WORK TASK:
Please provide the entries below again, word for word.
═══ DATA SUPPLIED
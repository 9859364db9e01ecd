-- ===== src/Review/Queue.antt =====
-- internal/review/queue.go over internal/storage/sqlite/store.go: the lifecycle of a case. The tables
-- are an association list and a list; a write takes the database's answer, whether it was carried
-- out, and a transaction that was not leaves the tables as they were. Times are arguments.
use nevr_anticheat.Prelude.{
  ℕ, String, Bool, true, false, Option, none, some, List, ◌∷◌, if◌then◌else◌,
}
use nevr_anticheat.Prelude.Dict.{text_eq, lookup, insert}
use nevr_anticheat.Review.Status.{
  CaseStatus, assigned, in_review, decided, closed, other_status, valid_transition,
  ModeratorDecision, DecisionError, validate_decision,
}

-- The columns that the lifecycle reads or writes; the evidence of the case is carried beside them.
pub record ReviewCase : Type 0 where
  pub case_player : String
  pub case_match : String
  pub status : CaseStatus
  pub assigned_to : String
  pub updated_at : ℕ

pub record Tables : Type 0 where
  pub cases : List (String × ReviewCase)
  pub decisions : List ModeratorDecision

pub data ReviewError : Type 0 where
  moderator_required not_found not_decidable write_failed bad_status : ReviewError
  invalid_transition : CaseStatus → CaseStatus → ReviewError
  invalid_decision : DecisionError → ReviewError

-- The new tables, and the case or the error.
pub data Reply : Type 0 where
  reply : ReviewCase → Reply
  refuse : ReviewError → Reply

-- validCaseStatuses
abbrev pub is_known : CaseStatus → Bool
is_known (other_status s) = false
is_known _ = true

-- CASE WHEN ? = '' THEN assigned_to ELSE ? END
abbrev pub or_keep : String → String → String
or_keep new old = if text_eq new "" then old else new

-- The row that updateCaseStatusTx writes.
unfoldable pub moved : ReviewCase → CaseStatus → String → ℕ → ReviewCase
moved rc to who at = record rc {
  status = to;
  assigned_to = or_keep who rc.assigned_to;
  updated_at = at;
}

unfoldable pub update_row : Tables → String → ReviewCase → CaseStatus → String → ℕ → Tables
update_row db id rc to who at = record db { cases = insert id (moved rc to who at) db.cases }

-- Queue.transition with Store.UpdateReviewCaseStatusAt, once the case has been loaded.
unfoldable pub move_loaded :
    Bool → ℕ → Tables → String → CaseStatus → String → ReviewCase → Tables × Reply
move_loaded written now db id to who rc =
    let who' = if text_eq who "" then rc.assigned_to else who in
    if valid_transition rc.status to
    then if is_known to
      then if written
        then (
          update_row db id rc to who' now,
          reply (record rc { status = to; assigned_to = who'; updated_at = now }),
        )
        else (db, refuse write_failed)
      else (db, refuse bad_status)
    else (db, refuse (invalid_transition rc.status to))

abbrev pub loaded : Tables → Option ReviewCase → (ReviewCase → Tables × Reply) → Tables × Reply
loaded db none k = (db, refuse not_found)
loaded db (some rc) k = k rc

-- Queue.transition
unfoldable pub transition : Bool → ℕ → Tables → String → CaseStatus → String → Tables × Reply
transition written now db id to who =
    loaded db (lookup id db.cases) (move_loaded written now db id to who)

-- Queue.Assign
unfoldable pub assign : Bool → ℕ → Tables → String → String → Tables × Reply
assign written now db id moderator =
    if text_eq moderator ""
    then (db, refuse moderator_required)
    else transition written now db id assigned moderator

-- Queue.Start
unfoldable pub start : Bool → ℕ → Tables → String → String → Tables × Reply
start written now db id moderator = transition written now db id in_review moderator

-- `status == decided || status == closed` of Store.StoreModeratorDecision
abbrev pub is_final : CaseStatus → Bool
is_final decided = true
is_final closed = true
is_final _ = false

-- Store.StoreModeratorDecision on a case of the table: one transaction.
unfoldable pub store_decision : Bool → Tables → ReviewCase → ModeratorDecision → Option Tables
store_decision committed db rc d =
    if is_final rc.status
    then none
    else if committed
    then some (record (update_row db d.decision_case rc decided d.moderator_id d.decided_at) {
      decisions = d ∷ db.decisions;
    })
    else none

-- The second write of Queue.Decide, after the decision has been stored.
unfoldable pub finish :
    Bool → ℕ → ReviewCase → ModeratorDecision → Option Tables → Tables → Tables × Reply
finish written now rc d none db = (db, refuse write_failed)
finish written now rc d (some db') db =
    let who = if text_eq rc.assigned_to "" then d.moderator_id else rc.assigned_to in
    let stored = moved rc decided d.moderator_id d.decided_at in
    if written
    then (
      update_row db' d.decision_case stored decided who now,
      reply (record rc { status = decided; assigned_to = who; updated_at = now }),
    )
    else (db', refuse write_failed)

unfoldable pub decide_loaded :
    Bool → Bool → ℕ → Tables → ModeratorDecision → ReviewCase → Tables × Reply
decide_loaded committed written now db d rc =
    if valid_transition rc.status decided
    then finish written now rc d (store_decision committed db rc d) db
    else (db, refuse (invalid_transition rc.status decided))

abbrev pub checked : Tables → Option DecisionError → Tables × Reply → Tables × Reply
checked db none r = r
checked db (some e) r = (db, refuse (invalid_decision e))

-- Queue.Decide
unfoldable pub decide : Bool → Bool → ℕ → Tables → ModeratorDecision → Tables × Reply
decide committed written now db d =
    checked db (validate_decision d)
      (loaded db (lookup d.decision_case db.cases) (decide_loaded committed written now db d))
══════
EXERCISE RESULT:
repository 9859364db9e01ecd
-- ===== src/Review/Queue.antt =====
-- internal/review/queue.go over internal/storage/sqlite/store.go: the lifecycle of a case. The tables
-- are an association list and a list; a write takes the database's answer, whether it was carried
-- out, and a transaction that was not leaves the tables as they were. Times are arguments.
use nevr_anticheat.Prelude.{
  ℕ, String, Bool, true, false, Option, none, some, List, ◌∷◌, if◌then◌else◌,
}
use nevr_anticheat.Prelude.Dict.{text_eq, lookup, insert}
use nevr_anticheat.Review.Status.{
  CaseStatus, assigned, in_review, decided, closed, other_status, valid_transition,
  ModeratorDecision, DecisionError, validate_decision,
}

-- The columns that the lifecycle reads or writes; the evidence of the case is carried beside them.
pub record ReviewCase : Type 0 where
  pub case_player : String
  pub case_match : String
  pub status : CaseStatus
  pub assigned_to : String
  pub updated_at : ℕ

pub record Tables : Type 0 where
  pub cases : List (String × ReviewCase)
  pub decisions : List ModeratorDecision

pub data ReviewError : Type 0 where
  moderator_required not_found not_decidable write_failed bad_status : ReviewError
  invalid_transition : CaseStatus → CaseStatus → ReviewError
  invalid_decision : DecisionError → ReviewError

-- The new tables, and the case or the error.
pub data Reply : Type 0 where
  reply : ReviewCase → Reply
  refuse : ReviewError → Reply

-- validCaseStatuses
abbrev pub is_known : CaseStatus → Bool
is_known (other_status s) = false
is_known _ = true

-- CASE WHEN ? = '' THEN assigned_to ELSE ? END
abbrev pub or_keep : String → String → String
or_keep new old = if text_eq new "" then old else new

-- The row that updateCaseStatusTx writes.
unfoldable pub moved : ReviewCase → CaseStatus → String → ℕ → ReviewCase
moved rc to who at = record rc {
  status = to;
  assigned_to = or_keep who rc.assigned_to;
  updated_at = at;
}

unfoldable pub update_row : Tables → String → ReviewCase → CaseStatus → String → ℕ → Tables
update_row db id rc to who at = record db { cases = insert id (moved rc to who at) db.cases }

-- Queue.transition with Store.UpdateReviewCaseStatusAt, once the case has been loaded.
unfoldable pub move_loaded :
    Bool → ℕ → Tables → String → CaseStatus → String → ReviewCase → Tables × Reply
move_loaded written now db id to who rc =
    let who' = if text_eq who "" then rc.assigned_to else who in
    if valid_transition rc.status to
    then if is_known to
      then if written
        then (
          update_row db id rc to who' now,
          reply (record rc { status = to; assigned_to = who'; updated_at = now }),
        )
        else (db, refuse write_failed)
      else (db, refuse bad_status)
    else (db, refuse (invalid_transition rc.status to))

abbrev pub loaded : Tables → Option ReviewCase → (ReviewCase → Tables × Reply) → Tables × Reply
loaded db none k = (db, refuse not_found)
loaded db (some rc) k = k rc

-- Queue.transition
unfoldable pub transition : Bool → ℕ → Tables → String → CaseStatus → String → Tables × Reply
transition written now db id to who =
    loaded db (lookup id db.cases) (move_loaded written now db id to who)

-- Queue.Assign
unfoldable pub assign : Bool → ℕ → Tables → String → String → Tables × Reply
assign written now db id moderator =
    if text_eq moderator ""
    then (db, refuse moderator_required)
    else transition written now db id assigned moderator

-- Queue.Start
unfoldable pub start : Bool → ℕ → Tables → String → String → Tables × Reply
start written now db id moderator = transition written now db id in_review moderator

-- `status == decided || status == closed` of Store.StoreModeratorDecision
abbrev pub is_final : CaseStatus → Bool
is_final decided = true
is_final closed = true
is_final _ = false

-- Store.StoreModeratorDecision on a case of the table: one transaction.
unfoldable pub store_decision : Bool → Tables → ReviewCase → ModeratorDecision → Option Tables
store_decision committed db rc d =
    if is_final rc.status
    then none
    else if committed
    then some (record (update_row db d.decision_case rc decided d.moderator_id d.decided_at) {
      decisions = d ∷ db.decisions;
    })
    else none

-- The second write of Queue.Decide, after the decision has been stored.
unfoldable pub finish :
    Bool → ℕ → ReviewCase → ModeratorDecision → Option Tables → Tables → Tables × Reply
finish written now rc d none db = (db, refuse write_failed)
finish written now rc d (some db') db =
    let who = if text_eq rc.assigned_to "" then d.moderator_id else rc.assigned_to in
    let stored = moved rc decided d.moderator_id d.decided_at in
    if written
    then (
      update_row db' d.decision_case stored decided who now,
      reply (record rc { status = decided; assigned_to = who; updated_at = now }),
    )
    else (db', refuse write_failed)

unfoldable pub decide_loaded :
    Bool → Bool → ℕ → Tables → ModeratorDecision → ReviewCase → Tables × Reply
decide_loaded committed written now db d rc =
    if valid_transition rc.status decided
    then finish written now rc d (store_decision committed db rc d) db
    else (db, refuse (invalid_transition rc.status decided))

abbrev pub checked : Tables → Option DecisionError → Tables × Reply → Tables × Reply
checked db none r = r
checked db (some e) r = (db, refuse (invalid_decision e))

-- Queue.Decide
unfoldable pub decide : Bool → Bool → ℕ → Tables → ModeratorDecision → Tables × Reply
decide committed written now db d =
    checked db (validate_decision d)
      (loaded db (lookup d.decision_case db.cases) (decide_loaded committed written now db d))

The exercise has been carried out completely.